Discussion in 'English Only' started by danielxu85, Apr 4, 2007.

  1. danielxu85 Senior Member

    Qingdao
    Mandarin Chinese
    I think it is a subjunctive mood, but I am not sure what it means. Why does the author use this mood? What does the author tend to infer?

    Being unable to live with both parents alongside is a regrettable part of growing up for many children. But be that as it may, as society gives the problem more attention, and as people are more able to openly discuss the sources of their pain, we must work to ensure that it does not lead to lifetimes of regret.
     
  2. konungursvia Senior Member

    Toronto
    Canada (English)
    This is an archaic vestige of a now generally defunct subjunctive mood. It means "let that be whatever it will be", in other words, it means "still" or "yet."
     
  3. danielxu85 Senior Member

    Qingdao
    Mandarin Chinese
    Thanks, konungursvia!

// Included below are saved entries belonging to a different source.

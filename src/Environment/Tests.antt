-- ===== src/Environment/Tests.antt =====
-- A parent with a secret, and an entry with a forbidden name.
use polkadot_chat_agents.Environment.{Patterns, is_text, build}
use polkadot_chat_agents.Environment.Origins.{AllOrigins, build-AllOrigins}
use polkadot_chat_agents.Base.{
  String, true, Option, none, some, List, [], ◌∷◌, map, ◌≡◌, refl, if◌then◌else◌, key_dec,
}

abbrev patterns : Patterns
patterns = record {
  is_name = λ name. true;
  is_own = λ name. is_text name "BOT_SEED";
  is_sensitive = λ name. is_text name "API_KEY";
}

abbrev parent : String → Option String
parent name =
    if is_text name "HOME" then some "/root" else if is_text name "BOT_SEED" then some "x" else none

abbrev entries : List (String × Option String)
entries = ("API_KEY", some "k") ∷ ("EDITOR", some "vi") ∷ []

build-AllOrigins_example : AllOrigins patterns parent entries (build patterns parent entries)
build-AllOrigins_example = build-AllOrigins patterns parent entries

built : map (λ e. e.0) (build patterns parent entries) ≡ "HOME" ∷ "PATH" ∷ "EDITOR" ∷ []
unfolding build key_dec
built = refl
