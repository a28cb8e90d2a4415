-- ===== src/Cluster/Delivery.antt =====
-- A `Put` that nothing disturbs (server/server.go): two willing followers and a network that
-- delivers every call.
use committer.Prelude.{ℕ, suc, none, ◌≡◌, refl, true, false, String, [], ◌∷◌}
use committer.Proto.{Entry, ack, answer}
use committer.Cache.{Cache}
use committer.Database.{in_memory}
use committer.Monitor.{new_monitor}
use committer.Refine.{starting}
use committer.Server.Handlers.{Node}
use committer.Server.Interceptor.{host}
use committer.Cluster.{Session, exit}
use committer.Cluster.Put.{put}

-- A node at height 0 whose hooks consent, with a store in memory and a cache of any contents.
abbrev pub willing : String → in_memory.State → Cache → Node in_memory
willing mode d c = record {
  addr = "localhost:3001";
  config = record {
    role = "follower";
    nodeaddr = "localhost:3001";
    coordinator = "localhost:3000";
    followers = "localhost:3001" ∷ "localhost:3002" ∷ [];
    whitelist = "127.0.0.1" ∷ [];
    commit_type = mode;
    timeout = 1000;
    db_path = "./badger";
    with_trace = false;
  };
  db = d;
  propose_hook = λ _. true;
  commit_hook = λ _. true;
  node_cache = c;
  height = 0;
  cancel_commit_on_height = λ _. none;
  monitor = new_monitor;
  timers = [];
}

abbrev undisturbed : Node in_memory → Session in_memory
undisturbed self = record {
  self = self;
  gs = starting;
  net = [];
  expired = false;
  seen_as = host "127.0.0.1";
}

-- `Put` finishes. For a coordinator with two followers, all at height 0, with hooks that consent
-- and stores in memory, and a network that delivers: one round of the retry loop is enough for
-- `Put` to return ACK, in both commit modes, for every entry and whatever the stores and the
-- caches held before.
put-acks :
    (fuel : ℕ) (e : Entry) (d d₁ d₂ : in_memory.State) (c c₁ c₂ : Cache)
    → ((put in_memory
          (suc fuel)
          e
          (undisturbed (willing "three-phase" d c))
          (willing "three-phase" d₁ c₁ ∷ willing "three-phase" d₂ c₂ ∷ [])).0
        ≡ exit (answer ack 0))
      × ((put in_memory
            (suc fuel)
            e
            (undisturbed (willing "two-phase" d c))
            (willing "two-phase" d₁ c₁ ∷ willing "two-phase" d₂ c₂ ∷ [])).0
          ≡ exit (answer ack 0))
unfolding put new_monitor starting
put-acks fuel e d d₁ d₂ c c₁ c₂ = (refl, refl)
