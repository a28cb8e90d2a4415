-- ===== src/Cluster/Divergence.antt =====
-- `Put` with a first follower that never acknowledges the proposal (server/server.go), whatever the
-- reason: `Bad` stands for it.
use committer.Prelude.{ℕ, zero, suc, ◌≡◌, ◌≢◌, refl, Bool, true, false, List, ◌∷◌}
use committer.Go.{Go}
use committer.Proto.{Entry, Reply}
use committer.Database.{Database}
use committer.Server.Handlers.{Node, is_ack}
use committer.Cluster.{Session, continue, exit, crash, out_of_fuel, Called}
use committer.Cluster.Notes.{Log, note_propose}
use committer.Cluster.Rounds.{choose, round, propose_turn-suc, propose_turn-zero}
use committer.Cluster.Stages.{
  Turn, Loop, noted, log, with_log, propose_call, propose_turn, for_followers, onwards,
}
use committer.Cluster.Put.{begin, chain, rest_of_put, put}
use committer.Cluster.Exits.{propose_turn-ne-exit}

module _ (database : Database) (Bad : Session database → Node database → Type 0)
    (logging : (l : Log) (s : Session database) (f : Node database)
      → Bad s f
      → Bad (with_log database l s) f)
    (refusing : (e : Entry) (s : Session database) (f : Node database)
      → Bad s f
      → let c = propose_call database e s f in (is_ack c.0.response ≡ false) × Bad c.1 c.2) where
  choose_refused :
      (pid fuel : ℕ) (e : Entry) (c : Called database) (b : Bool)
      → b ≡ false
      → (propose_turn database fuel e pid c.1 c.2).0 ≢ continue
      → (choose database pid fuel e c b).0 ≢ continue
  unfolding choose
  choose_refused pid fuel e c false h n = n
  choose_refused pid fuel e c true h n = cc

  noted_refused :
      (g : Go Log) (s : Session database) (f : Node database) (k : Session database → Turn database)
      → ((l : Log) → (k (with_log database l s)).0 ≢ continue)
      → (noted database g s f k).0 ≢ continue
  noted_refused (Go.ok l) s f k h = h l
  noted_refused (Go.panic p) s f k h = λ e. cc e

  propose_turn_refused :
      (fuel pid : ℕ) (e : Entry) (s : Session database) (f : Node database)
      → Bad s f
      → (propose_turn database fuel e pid s f).0 ≢ continue
  unfolding round
  propose_turn_refused zero pid e s f bad = λ h. cc (propose_turn-zero database pid e s f, h)
  propose_turn_refused (suc fuel) pid e s f bad = rw (propose_turn-suc database fuel pid e s f) (
      noted_refused (note_propose pid (log database s)) s f (round database pid fuel e f) (λ l.
        let c = propose_call database e (with_log database l s) f in
        let (no_ack, bad') = refusing e (with_log database l s) f (logging l s f bad) in
        choose_refused pid fuel e c (is_ack c.0.response) no_ack
          (propose_turn_refused fuel pid e c.1 c.2 bad')))

  onwards-ends :
      (w : Turn database) (fs : List (Node database)) (k : Session database → Loop database)
      (r : Reply)
      → w.0 ≢ continue
      → w.0 ≢ exit r
      → ((onwards database w fs k).0 ≢ continue) × ((onwards database w fs k).0 ≢ exit r)
  unfolding onwards
  onwards-ends (continue, s, f) fs k r n m = absurd (n refl)
  onwards-ends (exit x, s, f) fs k r n m = (n, m)
  onwards-ends (crash p, s, f) fs k r n m = (n, m)
  onwards-ends (out_of_fuel, s, f) fs k r n m = (n, m)

  chain-ends :
      (w : Loop database) (k : Session database → List (Node database) → Loop database) (r : Reply)
      → (w.0 ≢ continue) × (w.0 ≢ exit r)
      → (chain database w k).0 ≢ exit r
  unfolding chain
  chain-ends (continue, s, fs) k r (n, m) = absurd (n refl)
  chain-ends (exit x, s, fs) k r (n, m) = m
  chain-ends (crash p, s, fs) k r (n, m) = m
  chain-ends (out_of_fuel, s, fs) k r (n, m) = m

  first_stage :
      (fuel : ℕ) (e : Entry) (s : Session database) (f : Node database) (fs : List (Node database))
      (r : Reply)
      → Bad s f
      → let w = for_followers database (propose_turn database fuel e) 0 s (f ∷ fs) in
        (w.0 ≢ continue) × (w.0 ≢ exit r)
  unfolding for_followers
  first_stage fuel e s f fs r bad =
      onwards-ends (propose_turn database fuel e 0 s f) fs
        (λ t. for_followers database (propose_turn database fuel e) 1 t fs) r
        (propose_turn_refused fuel 0 e s f bad) (propose_turn-ne-exit database r fuel 0 e s f)

  begun_refused :
      (g : Go Log) (s : Session database) (fs : List (Node database)) (r : Reply)
      (k : Session database → Loop database)
      → ((l : Log) → (k (with_log database l s)).0 ≢ exit r)
      → (elim g as (λ _. Loop database) [
        | Go.panic p ↦ (crash p, s, fs)
        | Go.ok l ↦ k (with_log database l s)
      ]).0
        ≢ exit r
  begun_refused (Go.ok l) s fs r k h = h l
  begun_refused (Go.panic p) s fs r k h = λ e. cc e

  pub put_never_returns :
      (fuel : ℕ) (e : Entry) (s : Session database) (f : Node database) (fs : List (Node database))
      (r : Reply)
      → Bad s f
      → (put database fuel e s (f ∷ fs)).0 ≢ exit r
  unfolding put
  put_never_returns fuel e s f fs r bad =
      begun_refused (begin (log database s)) s (f ∷ fs) r
        (λ t.
          chain database (for_followers database (propose_turn database fuel e) 0 t (f ∷ fs))
            (rest_of_put database))
        (λ l.
          chain-ends
            (for_followers database (propose_turn database fuel e) 0 (with_log database l s)
              (f ∷ fs))
            (rest_of_put database) r
            (first_stage fuel e (with_log database l s) f fs r (logging l s f bad)))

Do you mean that this phrase will not be used in daily conversation? What is a natural way of expressing the same idea in this context? I think "yet" or "still" could not be used together with "but".
     
  4. JamesM

    JamesM à la Mod

    It is still spoken in the U.S., although it has a formal tone to it.

    Two possible substitutes might be "even so" and "nevertheless". I think the "but" is extraneous in this context.
     
  5. danielxu85 Senior Member

    Qingdao
    Mandarin Chinese
    Thanks, James! Am I right that even with "be that as it may", "but" is extraneous?
     
  6. JamesM

    JamesM à la Mod

    It certainly seems extraneous to me. :) It's also a little cheesy to start a sentence with "but" this way (even though I confess that I do it from time to time.)
     
  7. Orange Blossom Senior Member

    U.S.A. English
    "But" is indeed not wanted before the phrase "be that as it may". Both "but" and "be that as it may" signal an upcoming contrast; consequently, you don't want to use both.

    A note about punctuation:
    Delete the comma here. The comma is used before the and when separating two or more independent clauses or when separating a list of words, phrases, or clauses containing three or more elements. The and here does not fit either description in this case.

    Orange Blossom
     
  8. AWordLover

    AWordLover Senior Member

    Atlanta, Georgia USA
    USA English
    OrangeBlossom has done a wonderful job of explaining the title phrase in the context of your quote.

    I'll move off topic to work on a problem with your question.

    I guess that instead of "What does the author tend to infer?" you wanted "What does the author intend to imply?".
     
  9. danielxu85 Senior Member

    Qingdao
    Mandarin Chinese
    Thanks, Awordlover and Orange Blossom! I will learn what you say by heart.